Du 11 au 12 février 2026, Cotonou a accueilli un atelier de vulgarisation des Procédures opérationnelles standardisées (Sops) de coordination interservices et du modèle de rapport d’incident. L’initiative, portée par l’Organisation internationale pour les migrations (Oim) en partenariat avec le gouvernement béninois et avec l’appui financier des États-Unis, s’inscrit dans le projet « Renforcement des capacités des autorités de gestion des frontières pour la sécurité au Bénin ».

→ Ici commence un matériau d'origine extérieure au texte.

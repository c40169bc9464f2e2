-- ===== src/Mcp/Tool.antt =====
-- mcp_tool_executor.py: McpStableToolExecutor, which dispatches an admitted call.
pub mod Outcome
pub mod Failure
pub mod Dispatch
use Prim.Native.Char.{code}
use responsibility_pathway_r.Prelude.{
  ℕ, suc, ◌+◌, String, Bool, true, false, not, ◌&&◌, ◌||◌, Option, none, some, List, [], ◌∷◌, ◌==◌,
  concat, is_some, is_blank, strip, leb, if◌then◌else◌,
}
use responsibility_pathway_r.Prelude.Trim.{is_trimmed}
use responsibility_pathway_r.Errors.{Error, Result, ok, err, other_error, ensure, ◌>>=◌, ◌>>◌}
use responsibility_pathway_r.Exec.{Exec, try, pure, raise}
use responsibility_pathway_r.Value.{
  Value, Items, Fields, null, bool, int, float, str, list, dict, object, end, entry, get,
}
use responsibility_pathway_r.Execution.{
  ExecutionRequest, ExecutionResult, ExecutionStatus, ReadbackEvidence, succeeded, failed,
  write_status_unknown, bare_result, reason_or,
}
use responsibility_pathway_r.Env.{Env}
use responsibility_pathway_r.Rpc.{only_keys}
use responsibility_pathway_r.Mcp.Json.{mcp_admission_error, strict_document}
use responsibility_pathway_r.Mcp.Admission.{mapping_of, mapping_at}
use responsibility_pathway_r.Mcp.Snapshot.{stable_protocol_version}

unfoldable pub all_given : List String → Fields → Bool
unfolding get
all_given [] fs = true
all_given (k ∷ ks) fs = is_some (get k fs) && all_given ks fs

-- `set(value) == {…}`
unfoldable pub has_keys : List String → Fields → Bool
unfolding only_keys all_given
has_keys names fs = only_keys names fs && all_given names fs

-- `_MCP_BINDING_FIELDS`
abbrev pub mcp_binding_fields : List String
mcp_binding_fields =
    "protocol_version" ∷ "server_identity" ∷ "server_capabilities_hash" ∷ "tool_name"
    ∷ "tool_schema_hash" ∷ []

is_hex : ℕ → Bool
is_hex c = (leb 48 c && leb c 57) || (leb 97 c && leb c 102)

all_hex : ℕ → String → Bool
unfolding is_hex
all_hex n String.[] = leb n 64 && leb 64 n
all_hex n (String.◌∷◌ c s) = is_hex (code c) && all_hex (suc n) s

-- `_SHA256_HEX.fullmatch(value)`
unfoldable pub is_sha256_hex : String → Bool
unfolding all_hex
is_sha256_hex s = all_hex 0 s

trimmed_text : Option Value → Result String
unfolding is_trimmed
trimmed_text (some (str s)) = if is_trimmed s then ok s else err mcp_admission_error
trimmed_text _ = err mcp_admission_error

hash_text : Option Value → Result String
unfolding is_sha256_hex
hash_text (some (str s)) = if is_sha256_hex s then ok s else err mcp_admission_error
hash_text _ = err mcp_admission_error

-- `_validated_dispatch_parameters`
unfoldable pub validated_dispatch_parameters : Env → ExecutionRequest → Result (String × Fields)
unfolding has_keys mapping_at trimmed_text hash_text get mapping_of
validated_dispatch_parameters env q = do
  ensure (has_keys ("mcp" ∷ "arguments" ∷ []) q.parameters) mcp_admission_error
  mcp ← mapping_at (get "mcp" q.parameters)
  arguments ← mapping_at (get "arguments" q.parameters)
  ensure (has_keys mcp_binding_fields mcp) mcp_admission_error
  protocol_version ← trimmed_text (get "protocol_version" mcp)
  _ ← trimmed_text (get "server_identity" mcp)
  tool_name ← trimmed_text (get "tool_name" mcp)
  ensure (protocol_version == stable_protocol_version) mcp_admission_error
  _ ← hash_text (get "server_capabilities_hash" mcp)
  _ ← hash_text (get "tool_schema_hash" mcp)
  (detached, _) ← strict_document env (dict arguments)
  detached_arguments ← mapping_of detached
  ok (tool_name, detached_arguments)

-- The evidence of a call in a state of dispatch.
abbrev pub dispatch_evidence : String → Fields → Fields
dispatch_evidence state fs = entry "dispatch_state" (str state) fs

abbrev pub reasoned : ExecutionStatus → Fields → String → ExecutionResult
reasoned status evidence reason = record {
  status = status;
  evidence = evidence;
  readback = none;
  reason = some reason;
}

-- `tool_result.get("isError") is True`
unfoldable pub is_tool_error : Fields → Bool
unfolding get
is_tool_error fs = elim (get "isError" fs) [
  | some v ↦ elim v [ bool b ↦ b | _ ↦ false ]
  | none ↦ false
]

-- How the exceptions of the transport and of the observer are told apart, by `isinstance`, and the
-- texts that the reasons show.
pub record Classes : Type 0 where
  -- McpToolCallNotSentError
  pub is_not_sent : Error → Bool
  -- McpToolCallOutcomeUnknownError, TimeoutError, ConnectionError, OSError
  pub is_possibly_sent : Error → Bool
  -- McpTransportError
  pub is_transport : Error → Bool
  -- TimeoutError, ConnectionError, OSError, ValueError, TypeError
  pub is_readback_failure : Error → Bool
  -- `f"{type(exc).__name__}: {exc}"`
  pub describe : Error → String
  -- `type(value).__name__`
  pub type_name : Value → String

abbrev pub Observer : Type 0 → Type 0
Observer T = ExecutionRequest → Fields → Exec T (Option ReadbackEvidence)

abbrev sent_evidence : Fields → Fields
sent_evidence tool_result = dispatch_evidence "sent" (entry "tool_result" (dict tool_result) end)

-- What the executor makes of the answer of the observer; `none` is no ReadbackEvidence.
observed_result : Fields → Option ReadbackEvidence → ExecutionResult
observed_result tool_result none =
    reasoned write_status_unknown (sent_evidence tool_result)
      "readback_observer_returned_invalid_evidence"
observed_result tool_result (some r) = record {
  status = if r.verified then succeeded else write_status_unknown;
  evidence = sent_evidence tool_result;
  readback = some r;
  reason = if r.verified then none else some (reason_or r.reason "readback_not_verified");
}

-- `call` is `self.transport.request`.
module _ (env : Env) (classes : Classes) {T : Type 0} (call : String → Fields → Exec T Value)
    (observer : Option (Observer T)) (require_readback : Bool) where
  readback_failed : Fields → Error → Exec T ExecutionResult
  readback_failed tool_result e =
      if classes.is_readback_failure e
      then pure (
          reasoned write_status_unknown (sent_evidence tool_result)
            (concat "readback_failed: " (classes.describe e)))
      else raise e

  -- The readback by the observer, where there is one.
  read_back : Option (Observer T) → ExecutionRequest → Fields → Exec T ExecutionResult
  unfolding observed_result readback_failed
  read_back none q tool_result =
      pure
        (reasoned write_status_unknown (sent_evidence tool_result) "independent_readback_required")
  read_back (some observe) q tool_result =
      try (observe q tool_result) (λ r. pure (observed_result tool_result r))
        (readback_failed tool_result)

  -- What `execute` does with the answer of the transport.
  unfoldable pub answered : ExecutionRequest → Value → Exec T ExecutionResult
  unfolding is_tool_error read_back
  answered q (dict tool_result) =
      if is_tool_error tool_result
      then pure (reasoned failed (sent_evidence tool_result) "mcp_tool_error")
      else if require_readback
      then read_back observer q tool_result
      else pure (record {
        status = succeeded;
        evidence = sent_evidence tool_result;
        readback = none;
        reason = none;
      })
  answered q v = pure (
      reasoned write_status_unknown
        (dispatch_evidence "sent" (entry "response_shape" (str (classes.type_name v)) end))
        "tools_call_returned_non_object_result")

  -- The handlers of the exceptions of the transport.
  unfoldable pub not_answered : Error → Exec T ExecutionResult
  not_answered e =
      if classes.is_not_sent e
      then pure (reasoned failed (dispatch_evidence "not_sent" end) (classes.describe e))
      else if classes.is_possibly_sent e
      then pure (
          reasoned write_status_unknown (dispatch_evidence "possibly_sent" end)
            (classes.describe e))
      else if classes.is_transport e
      then pure
          (reasoned write_status_unknown (dispatch_evidence "unknown" end) (classes.describe e))
      else raise e

  unfoldable pub validated : ExecutionRequest → Result (String × Fields) → Exec T ExecutionResult
  unfolding answered not_answered
  validated q (err e) = pure (
      reasoned failed (dispatch_evidence "not_sent" end)
        (concat "invalid_mcp_admission_envelope: " (classes.describe e)))
  validated q (ok (tool_name, arguments)) =
      try
        (call "tools/call" (entry "name" (str tool_name) (entry "arguments" (dict arguments) end)))
        (answered q) not_answered

  -- `McpStableToolExecutor.execute`
  unfoldable pub execute : ExecutionRequest → Exec T ExecutionResult
  unfolding validated validated_dispatch_parameters
  execute q =
      if not (q.action == "mcp_tool_call")
      then pure (bare_result failed "unsupported_action")
      else validated q (validated_dispatch_parameters env q)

Les zones frontalières béninoises sont confrontées à des menaces grandissantes, exacerbées par la crise sécuritaire au Sahel et la propagation des risques vers le Golfe de Guinée. Face à cette situation, l’atelier a permis aux institutions clés : Police républicaine, Douane, Eaux, Forêts et Chasse, autorités judiciaires et préfectorales de renforcer leur coordination et d’harmoniser leurs pratiques. Durant deux jours, les participants ont revisité les Sops validées en décembre 2025, clarifié les rôles et responsabilités de chaque corps et travaillé sur des études de cas inspirées de situations réelles aux frontières. Le Colonel des Douanes Roland Nestor Dégila a insisté sur la nécessité de mutualiser les efforts : « Chaque force a sa manière de faire, mais il urge que nous harmonisions nos pratiques pour atteindre efficacement nos objectifs. » a-t-il proposé. Pour Fatou Diallo Ndiaye, cheffe de mission de l’Oim au Bénin, Togo et Ghana, la réponse doit être collective :« Face à la complexité des menaces contemporaines, aucune institution ne peut agir seule. La cohérence, le partage d’informations et la complémentarité des rôles sont désormais des impératifs stratégiques. » Joseph Denis, coordonnateur régional Inl pour le Bénin, le Togo et la Côte d’Ivoire, a souligné que l’un des résultats majeurs de l’atelier sera l’élaboration de feuilles de route départementales, garantissant une mise en œuvre harmonisée des Sops sur tout le territoire. Pour Amandine Déléké Assogba, Directrice départementale des Eaux, forêts et chasse du Zou, l’impact sera directement perceptible par les populations : « La population se sentira plus en sécurité et saura à qui s’adresser. La coopération entre les forces et les communautés locales sera renforcée. »
Une volonté politique affirmée Des retombées attendues
Clôturant les travaux, Abasse Olossoumaré, Directeur de cabinet du Ministre de l’intérieur et de la sécurité publique, a réaffirmé l’engagement du gouvernement : « Les Sops traduisent une volonté politique claire d’harmonisation des pratiques, d’anticipation des risques et de professionnalisation de nos mécanismes internes de coordination. » Les conclusions de l’atelier constituent désormais un socle opérationnel pour l’application uniforme des procédures sur l’ensemble du territoire. Elles visent à garantir des frontières plus sûres, mieux coordonnées et pleinement au service des populations.